我建议为此使用urllib.request：

from urllib.request import urlopen

link = "https://stackoverflow.com/questions/68120200/python-get-html-       from-website-opened-in-users-browser"
openedpage = urlopen(link)
content = openedpage.read()
code = bytes.decode("utf-8")
print(code)

例如，这将给出此问题页面的代码。希望这是您想要实现的目标。

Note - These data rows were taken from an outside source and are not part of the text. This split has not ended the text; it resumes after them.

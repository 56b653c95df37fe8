-- ===== src/Wal/Manager/Runs.antt =====
-- The pool of lib/wal/wal_manager.cpp at concrete inputs.
use enigma_db.Base.{
  ℕ, ◌+◌, ◌%◌, ◌^◌, ◌≡◌, ◌≢◌, refl, leb, All, true, false, some, List, [], ◌∷◌, arith, length,
}
use mathlib.Core.List.{Perm}
use mathlib.Core.List.Perm
use enigma_db.Outcome.{returned}
use enigma_db.Field.{given}
use enigma_db.Field.Codec.{Field}
use enigma_db.Entry.{Entry}
use enigma_db.Entry.Codec.Body.{entry_of}
use enigma_db.Wal.Samples.{sample, sample-IsStorable, sample_encoded}
use enigma_db.Wal.Streams.{FilePath, Files, Output, write}
use enigma_db.Wal.Streams as Streams
use enigma_db.Wal.Codec.{force_flush}
use enigma_db.Wal.Codec.Records.{frame, write_record_lem}
use enigma_db.Wal.Holding.{nothing_held}
use enigma_db.Wal.Load.{load_all, is_wal_file, wal_paths}
use enigma_db.Wal.Writer.{Writer, file_path, file_name, padded}
use enigma_db.Wal.Writer as Writer
use enigma_db.Wal.Manager.{WalManager, append, on_writer, destroy}
use enigma_db.Wal.Manager.Isolation.{IsPool, run_isolated}
use enigma_db.Base.Decimal.{digits}
use enigma_db.Wal.Manager.Rounds.{IsClosed, destroy_lem}
use enigma_db.Wal.Manager.Settled.{Keeps}
use enigma_db.Wal.Manager.Complete.{Run, start, next, appended, flushed, run_complete, run_stopped}
use enigma_db.Wal.Codec.Torn.{IsTorn}

-- "w_1_00000001.wal", in the directory "d".
abbrev log_name : FilePath
log_name = 119 ∷ 95 ∷ 49 ∷ 95 ∷ 48 ∷ 48 ∷ 48 ∷ 48 ∷ 48 ∷ 48 ∷ 48 ∷ 49 ∷ 46 ∷ 119 ∷ 97 ∷ 108 ∷ []

abbrev log_path : FilePath
log_path = 100 ∷ 47 ∷ log_name

abbrev log_stream : Output
log_stream = record { path = some log_path; good = true; buffer = []; files = [] }

abbrev log_writer : Output → ℕ → Writer
log_writer o size = record {
  writer_id = 1;
  wal_dir = 100 ∷ [];
  current_out_stream = o;
  seg = 0;
  max_file_size = 1000;
  current_file_number = 1;
  current_file_size = size;
}

abbrev pool : Output → ℕ → WalManager
pool o size = record {
  wal_dir = 100 ∷ [];
  joinable = true;
  flush_thread_running = true;
  writers = log_writer o size ∷ [];
  writers_count = 1;
  files = o.files;
}

pool-Keeps : Keeps [] (pool log_stream 0)
pool-Keeps = record {
  settled = (record { emptied = refl; healthy = refl }, tt);
  stores = record { found = []; holding = nothing_held; same = Perm.refl []; distinct = tt };
}

-- The stream and the size behind the append of the sample.
abbrev logged_stream : Output
logged_stream = Streams.flush (write (frame sample_encoded.payload) log_stream)

abbrev logged_size : ℕ
logged_size = (0 + (9 + length sample_encoded.payload) % 2 ^ 32) % 2 ^ 64

logged_append :
    append (λ p. true) 7 (entry_of sample) (pool log_stream 0)
    ≡ returned true (pool logged_stream logged_size)
unfolding append on_writer Writer.append Writer.count
logged_append =
    let room : leb 1000 logged_size ≡ false = ground (arith, sample_encoded.counts) in
    rw
      (
        write_record_lem force_flush sample sample_encoded log_stream log_path refl,
        Writer.append,
        room,
      )
      refl

-- The append, and then the flush thread.
logged_run :
    Run
      (λ p. true)
      (pool log_stream 0)
      (sample ∷ [])
      (pool (Streams.flush logged_stream) logged_size)
unfolding on_writer Writer.flush
logged_run =
    next (next start (appended 7 sample sample-IsStorable (omega arith) logged_append))
      (flushed 0 refl)

run_complete_example :
    (loaded : List (Entry (List Field) Field)) × (load_all
        (λ entries. entries)
        (λ p. true)
        (Streams.flush logged_stream).files
        (100 ∷ [])
        ((log_name, true) ∷ [])
      ≡ given loaded)
    × Perm loaded (entry_of sample ∷ [])
unfolding wal_paths is_wal_file Streams.flush Streams.write Streams.sync Streams.extend
run_complete_example =
    run_complete (λ entries. entries) (λ p. true) (λ p. true) (pool log_stream 0)
      (pool (Streams.flush logged_stream) logged_size) [] (sample ∷ []) (100 ∷ [])
      ((log_name, true) ∷ []) pool-Keeps logged_run (λ xs. Perm.refl xs) (Perm.refl (log_path ∷ []))
      (refl, tt)

-- Five bytes of the record.
cut_record : IsTorn sample_encoded.payload (87 ∷ 65 ∷ 76 ∷ 48 ∷ 49 ∷ [])
cut_record = record { lost = _; whole = refl; missing = omega arith }

run_stopped_example :
    (loaded : List (Entry (List Field) Field)) × (load_all
        (λ entries. entries)
        (λ p. true)
        (Streams.extend (Streams.flush logged_stream).files log_path (87 ∷ 65 ∷ 76 ∷ 48 ∷ 49 ∷ []))
        (100 ∷ [])
        ((log_name, true) ∷ [])
      ≡ given loaded)
    × Perm loaded (entry_of sample ∷ [])
unfolding wal_paths is_wal_file Streams.flush Streams.write Streams.sync Streams.extend
run_stopped_example =
    run_stopped (λ entries. entries) (λ p. true) (λ p. true) (pool log_stream 0)
      (pool (Streams.flush logged_stream) logged_size) [] (sample ∷ []) (100 ∷ [])
      ((log_name, true) ∷ []) sample sample_encoded log_path (87 ∷ 65 ∷ 76 ∷ 48 ∷ 49 ∷ [])
      pool-Keeps logged_run cut_record (λ xs. Perm.refl xs) (Perm.refl (log_path ∷ [])) (refl, tt)

destroy_lem_example :
    (m' : WalManager) × (destroy (pool log_stream 0) ≡ returned tt m')
    × (m'.joinable ≡ false)
    × (m'.flush_thread_running ≡ false)
    × All IsClosed m'.writers
    × Keeps [] m'
destroy_lem_example = destroy_lem [] (pool log_stream 0) refl pool-Keeps

-- A second writer, with "d/w_2_00000001.wal" open.
abbrev other_path : FilePath
other_path =
    100 ∷ 47 ∷ 119 ∷ 95 ∷ 50 ∷ 95 ∷ 48 ∷ 48 ∷ 48 ∷ 48 ∷ 48 ∷ 48 ∷ 48 ∷ 49 ∷ 46 ∷ 119 ∷ 97 ∷ 108 ∷ []

abbrev other_writer : Writer
other_writer = record (log_writer (record log_stream { path = some other_path }) 0) {
  writer_id = 2;
}

abbrev both : Files → WalManager
both files = record (pool log_stream 0) {
  writers = log_writer (record log_stream { files = files }) 0 ∷ other_writer ∷ [];
  writers_count = 2;
  files = files;
}

both-IsPool : IsPool (100 ∷ []) 0 (both []).writers
unfolding file_path file_name padded digits
both-IsPool = (
  record { numbered = refl; directory = refl; bounded = omega arith; own = refl },
  (record { numbered = refl; directory = refl; bounded = omega arith; own = refl }, tt),
)

-- The flush thread comes to the first writer.
both_run : Run (λ p. true) (both []) [] (both ((log_path, []) ∷ []))
unfolding on_writer Writer.flush Streams.flush Streams.sync Streams.extend
both_run = next start (flushed 0 refl)

run_isolated_example : other_writer.current_out_stream.path ≢ some log_path
run_isolated_example =
    run_isolated (λ p. true) (both []) (both ((log_path, []) ∷ [])) [] (100 ∷ []) log_path 0 1
      (log_writer (record log_stream { files = (log_path, []) ∷ [] }) 0) other_writer both-IsPool
      both_run (omega arith) (omega arith) (λ e. omega (arith, e)) refl refl refl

如果您想提取实际数据而不是代码，您可以使用同一个库：

from urllib.request import urlopen

link = "https://stackoverflow.com/questions/68120200/python-get-html-from-website-opened-in-users-browser"
openedpage = urlopen(link)
content = openedpage.read()
code = content.decode("utf-8")
title = code.find("<title>")
title_start = title + len("<title>")
title_end = code.find("</title>")
full_title = code[title_start:title_end]
print(full_title)

基本上你想要获取代码的任何部分是收集标签的开始和结束索引，然后像示例中那样将它们组合在一起。

【讨论】：

出于安全考虑，我需要一个实际的浏览器才能打开它，而且 Selenium/Playwright 需要很长时间才能派上用场。